GIVEN DATA -
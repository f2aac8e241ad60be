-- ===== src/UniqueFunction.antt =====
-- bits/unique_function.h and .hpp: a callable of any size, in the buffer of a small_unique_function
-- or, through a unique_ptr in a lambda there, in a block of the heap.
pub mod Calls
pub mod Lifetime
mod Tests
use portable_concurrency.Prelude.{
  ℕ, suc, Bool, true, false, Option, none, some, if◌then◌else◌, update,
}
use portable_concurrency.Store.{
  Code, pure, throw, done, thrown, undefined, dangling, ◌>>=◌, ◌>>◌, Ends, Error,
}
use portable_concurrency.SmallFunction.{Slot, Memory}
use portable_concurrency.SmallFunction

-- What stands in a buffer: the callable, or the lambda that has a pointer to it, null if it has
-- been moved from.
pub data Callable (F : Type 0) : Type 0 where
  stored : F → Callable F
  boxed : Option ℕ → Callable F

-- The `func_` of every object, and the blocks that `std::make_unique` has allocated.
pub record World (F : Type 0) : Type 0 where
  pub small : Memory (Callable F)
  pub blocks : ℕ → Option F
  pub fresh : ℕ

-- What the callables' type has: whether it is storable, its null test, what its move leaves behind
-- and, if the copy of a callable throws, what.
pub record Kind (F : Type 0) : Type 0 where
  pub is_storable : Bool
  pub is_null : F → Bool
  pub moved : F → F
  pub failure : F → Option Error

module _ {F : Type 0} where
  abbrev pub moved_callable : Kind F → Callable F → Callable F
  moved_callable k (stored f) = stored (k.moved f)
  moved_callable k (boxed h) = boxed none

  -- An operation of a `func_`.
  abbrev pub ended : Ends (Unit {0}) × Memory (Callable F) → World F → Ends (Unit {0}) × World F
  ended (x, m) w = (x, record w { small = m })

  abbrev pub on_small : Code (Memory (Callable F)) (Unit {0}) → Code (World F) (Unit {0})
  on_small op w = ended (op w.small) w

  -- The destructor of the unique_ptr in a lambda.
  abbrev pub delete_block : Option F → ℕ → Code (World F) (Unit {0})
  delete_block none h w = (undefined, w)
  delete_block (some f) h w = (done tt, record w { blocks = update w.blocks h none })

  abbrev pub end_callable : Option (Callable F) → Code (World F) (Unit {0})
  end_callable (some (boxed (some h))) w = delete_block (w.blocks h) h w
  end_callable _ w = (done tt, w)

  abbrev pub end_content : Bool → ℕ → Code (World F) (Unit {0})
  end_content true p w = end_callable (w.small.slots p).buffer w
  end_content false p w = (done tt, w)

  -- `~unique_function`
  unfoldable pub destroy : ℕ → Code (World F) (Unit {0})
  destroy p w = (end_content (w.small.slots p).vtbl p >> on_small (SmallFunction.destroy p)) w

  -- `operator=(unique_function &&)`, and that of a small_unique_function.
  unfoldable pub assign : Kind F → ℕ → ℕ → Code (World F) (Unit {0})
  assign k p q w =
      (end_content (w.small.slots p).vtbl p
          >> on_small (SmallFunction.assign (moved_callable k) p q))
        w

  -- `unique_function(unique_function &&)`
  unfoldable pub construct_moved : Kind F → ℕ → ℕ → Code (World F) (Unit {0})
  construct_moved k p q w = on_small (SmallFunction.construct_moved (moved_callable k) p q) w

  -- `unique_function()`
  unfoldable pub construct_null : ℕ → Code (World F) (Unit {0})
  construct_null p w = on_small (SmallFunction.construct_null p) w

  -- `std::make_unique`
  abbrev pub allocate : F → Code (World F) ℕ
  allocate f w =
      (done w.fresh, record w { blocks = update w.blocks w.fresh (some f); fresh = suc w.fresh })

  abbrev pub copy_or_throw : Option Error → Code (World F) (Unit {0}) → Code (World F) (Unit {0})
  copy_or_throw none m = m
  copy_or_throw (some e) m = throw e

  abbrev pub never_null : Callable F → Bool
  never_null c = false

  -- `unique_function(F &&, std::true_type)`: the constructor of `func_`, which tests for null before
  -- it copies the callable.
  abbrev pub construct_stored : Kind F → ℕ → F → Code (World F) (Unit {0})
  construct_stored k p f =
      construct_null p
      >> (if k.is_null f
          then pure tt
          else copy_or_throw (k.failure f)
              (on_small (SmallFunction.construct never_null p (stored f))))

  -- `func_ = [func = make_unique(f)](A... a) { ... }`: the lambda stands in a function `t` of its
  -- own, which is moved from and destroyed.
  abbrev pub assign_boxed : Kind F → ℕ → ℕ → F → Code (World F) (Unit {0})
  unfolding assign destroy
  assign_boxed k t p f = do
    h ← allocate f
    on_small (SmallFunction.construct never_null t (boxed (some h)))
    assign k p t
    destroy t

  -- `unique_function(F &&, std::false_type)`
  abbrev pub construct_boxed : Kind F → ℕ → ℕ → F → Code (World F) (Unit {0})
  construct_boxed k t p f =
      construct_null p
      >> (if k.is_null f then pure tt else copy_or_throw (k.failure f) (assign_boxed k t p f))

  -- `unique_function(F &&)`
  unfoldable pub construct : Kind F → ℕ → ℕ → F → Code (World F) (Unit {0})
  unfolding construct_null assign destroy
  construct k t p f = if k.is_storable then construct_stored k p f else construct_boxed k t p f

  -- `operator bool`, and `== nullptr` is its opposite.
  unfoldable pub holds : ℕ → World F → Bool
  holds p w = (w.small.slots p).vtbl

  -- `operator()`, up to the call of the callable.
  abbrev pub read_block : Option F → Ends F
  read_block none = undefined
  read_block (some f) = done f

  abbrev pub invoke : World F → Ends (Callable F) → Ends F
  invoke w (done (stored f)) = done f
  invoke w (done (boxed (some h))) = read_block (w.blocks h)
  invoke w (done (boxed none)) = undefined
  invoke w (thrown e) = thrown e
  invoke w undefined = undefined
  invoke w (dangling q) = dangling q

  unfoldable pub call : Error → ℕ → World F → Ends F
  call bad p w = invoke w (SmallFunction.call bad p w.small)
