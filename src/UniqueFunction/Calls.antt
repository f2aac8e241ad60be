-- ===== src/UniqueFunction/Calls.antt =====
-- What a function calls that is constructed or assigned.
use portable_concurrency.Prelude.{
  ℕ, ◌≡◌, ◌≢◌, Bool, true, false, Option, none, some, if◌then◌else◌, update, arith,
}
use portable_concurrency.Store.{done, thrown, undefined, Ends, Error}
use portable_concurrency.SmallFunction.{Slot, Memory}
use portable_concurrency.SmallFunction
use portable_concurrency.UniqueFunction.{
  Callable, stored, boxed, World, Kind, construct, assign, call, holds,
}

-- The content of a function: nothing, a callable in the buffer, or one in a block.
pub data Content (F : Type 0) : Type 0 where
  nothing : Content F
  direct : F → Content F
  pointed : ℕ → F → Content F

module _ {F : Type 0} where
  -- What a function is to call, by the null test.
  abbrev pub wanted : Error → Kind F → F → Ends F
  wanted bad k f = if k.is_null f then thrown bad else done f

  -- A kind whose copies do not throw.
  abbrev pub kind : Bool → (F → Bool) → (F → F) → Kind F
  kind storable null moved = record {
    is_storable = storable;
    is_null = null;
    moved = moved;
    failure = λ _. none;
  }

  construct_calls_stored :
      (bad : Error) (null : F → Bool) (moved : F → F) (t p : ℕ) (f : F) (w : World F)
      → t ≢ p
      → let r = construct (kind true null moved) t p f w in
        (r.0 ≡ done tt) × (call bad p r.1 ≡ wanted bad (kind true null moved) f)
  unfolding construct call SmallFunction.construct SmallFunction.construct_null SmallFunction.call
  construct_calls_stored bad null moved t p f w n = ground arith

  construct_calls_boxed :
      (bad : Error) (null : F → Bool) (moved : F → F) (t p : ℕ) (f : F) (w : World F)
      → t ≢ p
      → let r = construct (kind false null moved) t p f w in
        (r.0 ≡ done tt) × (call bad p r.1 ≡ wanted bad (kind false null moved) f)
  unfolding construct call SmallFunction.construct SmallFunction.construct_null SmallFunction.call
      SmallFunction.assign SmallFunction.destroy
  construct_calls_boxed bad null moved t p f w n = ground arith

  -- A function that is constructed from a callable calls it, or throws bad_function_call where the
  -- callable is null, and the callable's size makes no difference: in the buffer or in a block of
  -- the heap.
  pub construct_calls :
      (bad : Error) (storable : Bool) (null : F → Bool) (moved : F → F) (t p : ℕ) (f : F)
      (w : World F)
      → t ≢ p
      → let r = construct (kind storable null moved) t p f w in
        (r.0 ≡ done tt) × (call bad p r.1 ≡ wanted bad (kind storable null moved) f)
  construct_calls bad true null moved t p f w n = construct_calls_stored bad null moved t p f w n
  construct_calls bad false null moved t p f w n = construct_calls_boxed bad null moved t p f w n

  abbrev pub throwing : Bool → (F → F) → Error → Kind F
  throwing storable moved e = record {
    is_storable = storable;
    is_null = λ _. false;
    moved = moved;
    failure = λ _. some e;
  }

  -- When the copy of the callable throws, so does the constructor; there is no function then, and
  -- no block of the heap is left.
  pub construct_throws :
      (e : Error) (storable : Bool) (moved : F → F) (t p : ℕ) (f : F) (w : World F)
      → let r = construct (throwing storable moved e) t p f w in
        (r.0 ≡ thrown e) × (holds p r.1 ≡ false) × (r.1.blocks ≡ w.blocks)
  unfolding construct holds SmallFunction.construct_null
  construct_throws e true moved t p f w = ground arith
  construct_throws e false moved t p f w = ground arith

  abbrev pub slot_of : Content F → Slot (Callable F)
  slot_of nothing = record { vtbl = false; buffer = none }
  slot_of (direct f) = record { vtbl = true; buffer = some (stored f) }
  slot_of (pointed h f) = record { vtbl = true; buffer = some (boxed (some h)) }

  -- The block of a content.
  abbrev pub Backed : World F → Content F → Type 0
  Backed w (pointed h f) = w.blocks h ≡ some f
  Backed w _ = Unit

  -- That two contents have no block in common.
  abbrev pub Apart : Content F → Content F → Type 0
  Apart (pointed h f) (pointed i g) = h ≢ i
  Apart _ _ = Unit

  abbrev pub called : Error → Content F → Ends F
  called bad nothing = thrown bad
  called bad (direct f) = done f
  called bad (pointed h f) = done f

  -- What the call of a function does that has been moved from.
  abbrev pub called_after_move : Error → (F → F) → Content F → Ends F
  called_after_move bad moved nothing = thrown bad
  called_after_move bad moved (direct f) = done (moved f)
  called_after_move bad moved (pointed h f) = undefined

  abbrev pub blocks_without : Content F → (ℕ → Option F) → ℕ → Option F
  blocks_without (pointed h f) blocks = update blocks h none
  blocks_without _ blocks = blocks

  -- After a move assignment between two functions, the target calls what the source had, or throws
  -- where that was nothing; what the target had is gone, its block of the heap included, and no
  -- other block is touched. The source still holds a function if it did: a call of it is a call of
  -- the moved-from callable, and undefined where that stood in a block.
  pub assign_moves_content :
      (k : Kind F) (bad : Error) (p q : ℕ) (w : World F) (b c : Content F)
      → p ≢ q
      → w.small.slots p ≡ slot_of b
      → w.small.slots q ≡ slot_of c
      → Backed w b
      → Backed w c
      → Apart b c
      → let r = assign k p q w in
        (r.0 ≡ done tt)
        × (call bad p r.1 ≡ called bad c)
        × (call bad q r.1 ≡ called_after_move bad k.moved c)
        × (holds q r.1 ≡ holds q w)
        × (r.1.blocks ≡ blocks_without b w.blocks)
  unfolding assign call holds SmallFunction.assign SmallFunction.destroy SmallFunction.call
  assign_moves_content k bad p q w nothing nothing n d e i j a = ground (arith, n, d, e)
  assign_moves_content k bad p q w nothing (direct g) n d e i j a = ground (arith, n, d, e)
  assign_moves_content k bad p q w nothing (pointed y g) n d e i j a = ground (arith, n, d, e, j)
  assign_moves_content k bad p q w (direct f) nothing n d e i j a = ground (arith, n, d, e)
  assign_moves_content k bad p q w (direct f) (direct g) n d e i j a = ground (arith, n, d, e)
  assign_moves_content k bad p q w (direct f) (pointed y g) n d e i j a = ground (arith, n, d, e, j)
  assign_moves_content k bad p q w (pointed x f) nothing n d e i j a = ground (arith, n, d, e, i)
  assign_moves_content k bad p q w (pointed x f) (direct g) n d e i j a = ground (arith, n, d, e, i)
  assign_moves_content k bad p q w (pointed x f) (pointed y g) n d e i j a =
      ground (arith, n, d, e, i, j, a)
---
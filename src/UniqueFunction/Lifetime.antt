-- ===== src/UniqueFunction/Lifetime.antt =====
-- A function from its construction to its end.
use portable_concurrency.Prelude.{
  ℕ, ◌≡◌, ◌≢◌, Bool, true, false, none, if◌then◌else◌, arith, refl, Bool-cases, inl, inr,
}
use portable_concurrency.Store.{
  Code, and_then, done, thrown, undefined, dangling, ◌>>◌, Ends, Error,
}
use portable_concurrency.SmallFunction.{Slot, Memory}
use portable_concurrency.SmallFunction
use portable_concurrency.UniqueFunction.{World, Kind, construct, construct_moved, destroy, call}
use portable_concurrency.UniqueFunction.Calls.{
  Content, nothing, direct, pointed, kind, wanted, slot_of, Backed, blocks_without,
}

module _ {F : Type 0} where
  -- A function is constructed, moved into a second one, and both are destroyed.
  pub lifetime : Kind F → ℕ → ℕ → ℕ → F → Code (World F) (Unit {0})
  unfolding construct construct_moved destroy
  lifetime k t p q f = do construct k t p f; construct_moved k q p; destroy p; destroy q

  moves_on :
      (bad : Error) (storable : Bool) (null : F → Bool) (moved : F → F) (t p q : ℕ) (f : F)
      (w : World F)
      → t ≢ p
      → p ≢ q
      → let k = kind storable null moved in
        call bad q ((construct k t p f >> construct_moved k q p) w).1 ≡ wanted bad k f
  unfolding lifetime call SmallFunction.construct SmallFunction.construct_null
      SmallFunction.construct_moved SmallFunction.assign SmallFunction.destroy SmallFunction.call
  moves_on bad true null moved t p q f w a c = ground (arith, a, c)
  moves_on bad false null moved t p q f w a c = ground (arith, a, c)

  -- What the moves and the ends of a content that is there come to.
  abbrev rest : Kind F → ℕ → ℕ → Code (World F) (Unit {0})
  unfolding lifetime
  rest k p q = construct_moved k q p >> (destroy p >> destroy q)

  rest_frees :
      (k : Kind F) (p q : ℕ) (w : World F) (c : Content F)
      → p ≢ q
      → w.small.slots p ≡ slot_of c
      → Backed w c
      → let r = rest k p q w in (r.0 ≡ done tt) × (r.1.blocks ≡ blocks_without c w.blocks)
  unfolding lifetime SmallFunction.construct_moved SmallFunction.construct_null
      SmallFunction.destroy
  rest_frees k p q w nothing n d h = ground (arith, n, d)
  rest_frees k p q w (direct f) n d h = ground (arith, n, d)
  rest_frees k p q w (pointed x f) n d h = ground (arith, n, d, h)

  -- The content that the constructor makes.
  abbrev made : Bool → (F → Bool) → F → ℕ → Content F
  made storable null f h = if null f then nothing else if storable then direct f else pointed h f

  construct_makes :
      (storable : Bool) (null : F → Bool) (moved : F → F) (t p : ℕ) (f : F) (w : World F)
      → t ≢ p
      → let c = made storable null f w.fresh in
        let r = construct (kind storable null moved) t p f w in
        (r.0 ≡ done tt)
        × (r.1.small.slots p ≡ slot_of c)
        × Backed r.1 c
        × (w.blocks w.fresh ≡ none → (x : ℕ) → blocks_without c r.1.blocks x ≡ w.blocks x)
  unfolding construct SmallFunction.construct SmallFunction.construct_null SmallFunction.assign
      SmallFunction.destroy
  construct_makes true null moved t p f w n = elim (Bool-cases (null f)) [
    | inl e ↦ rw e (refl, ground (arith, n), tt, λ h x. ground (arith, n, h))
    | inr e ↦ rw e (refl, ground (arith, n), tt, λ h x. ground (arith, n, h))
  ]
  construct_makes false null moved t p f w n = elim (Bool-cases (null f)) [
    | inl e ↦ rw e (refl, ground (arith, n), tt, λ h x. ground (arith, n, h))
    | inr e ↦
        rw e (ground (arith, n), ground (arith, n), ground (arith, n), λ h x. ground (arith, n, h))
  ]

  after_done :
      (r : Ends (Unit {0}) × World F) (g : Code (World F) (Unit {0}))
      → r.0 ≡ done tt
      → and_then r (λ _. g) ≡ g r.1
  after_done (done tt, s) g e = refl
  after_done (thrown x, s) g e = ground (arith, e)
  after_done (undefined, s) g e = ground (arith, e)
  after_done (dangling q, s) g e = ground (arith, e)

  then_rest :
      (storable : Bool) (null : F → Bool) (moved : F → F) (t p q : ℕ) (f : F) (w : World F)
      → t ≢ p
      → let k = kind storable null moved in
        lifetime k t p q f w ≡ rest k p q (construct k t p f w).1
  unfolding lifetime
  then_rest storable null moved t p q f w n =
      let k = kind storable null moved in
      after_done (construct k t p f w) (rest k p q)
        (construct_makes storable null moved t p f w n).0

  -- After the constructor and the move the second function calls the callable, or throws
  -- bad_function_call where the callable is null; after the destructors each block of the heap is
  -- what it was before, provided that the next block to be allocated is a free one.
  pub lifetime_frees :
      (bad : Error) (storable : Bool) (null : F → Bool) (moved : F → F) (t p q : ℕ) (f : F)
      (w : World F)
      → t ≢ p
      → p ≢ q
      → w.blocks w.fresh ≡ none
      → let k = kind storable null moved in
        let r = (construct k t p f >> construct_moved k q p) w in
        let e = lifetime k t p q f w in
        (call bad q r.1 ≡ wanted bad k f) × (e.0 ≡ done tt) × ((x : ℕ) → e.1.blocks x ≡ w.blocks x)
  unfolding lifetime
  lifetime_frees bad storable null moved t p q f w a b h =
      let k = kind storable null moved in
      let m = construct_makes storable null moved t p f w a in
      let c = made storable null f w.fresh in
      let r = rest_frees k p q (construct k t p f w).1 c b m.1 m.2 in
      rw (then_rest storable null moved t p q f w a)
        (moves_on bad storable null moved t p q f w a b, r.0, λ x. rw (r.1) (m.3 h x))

TRY IT - What you give back should be exactly the lines of the data above from the line with "-- or, through" through the line with "ended (x, m)", both of those included, and nothing more.

RESULT OF THIS EXERCISE -
-- or, through a unique_ptr in a lambda there, in a block of the heap.
pub mod Calls
pub mod Lifetime
mod Tests
use portable_concurrency.Prelude.{
  ℕ, suc, Bool, true, false, Option, none, some, if◌then◌else◌, update,
}
use portable_concurrency.Store.{
  Code, pure, throw, done, thrown, undefined, dangling, ◌>>=◌, ◌>>◌, Ends, Error,
}
use portable_concurrency.SmallFunction.{Slot, Memory}
use portable_concurrency.SmallFunction

-- What stands in a buffer: the callable, or the lambda that has a pointer to it, null if it has
-- been moved from.
pub data Callable (F : Type 0) : Type 0 where
  stored : F → Callable F
  boxed : Option ℕ → Callable F

-- The `func_` of every object, and the blocks that `std::make_unique` has allocated.
pub record World (F : Type 0) : Type 0 where
  pub small : Memory (Callable F)
  pub blocks : ℕ → Option F
  pub fresh : ℕ

-- What the callables' type has: whether it is storable, its null test, what its move leaves behind
-- and, if the copy of a callable throws, what.
pub record Kind (F : Type 0) : Type 0 where
  pub is_storable : Bool
  pub is_null : F → Bool
  pub moved : F → F
  pub failure : F → Option Error

module _ {F : Type 0} where
  abbrev pub moved_callable : Kind F → Callable F → Callable F
  moved_callable k (stored f) = stored (k.moved f)
  moved_callable k (boxed h) = boxed none

  -- An operation of a `func_`.
  abbrev pub ended : Ends (Unit {0}) × Memory (Callable F) → World F → Ends (Unit {0}) × World F
  ended (x, m) w = (x, record w { small = m })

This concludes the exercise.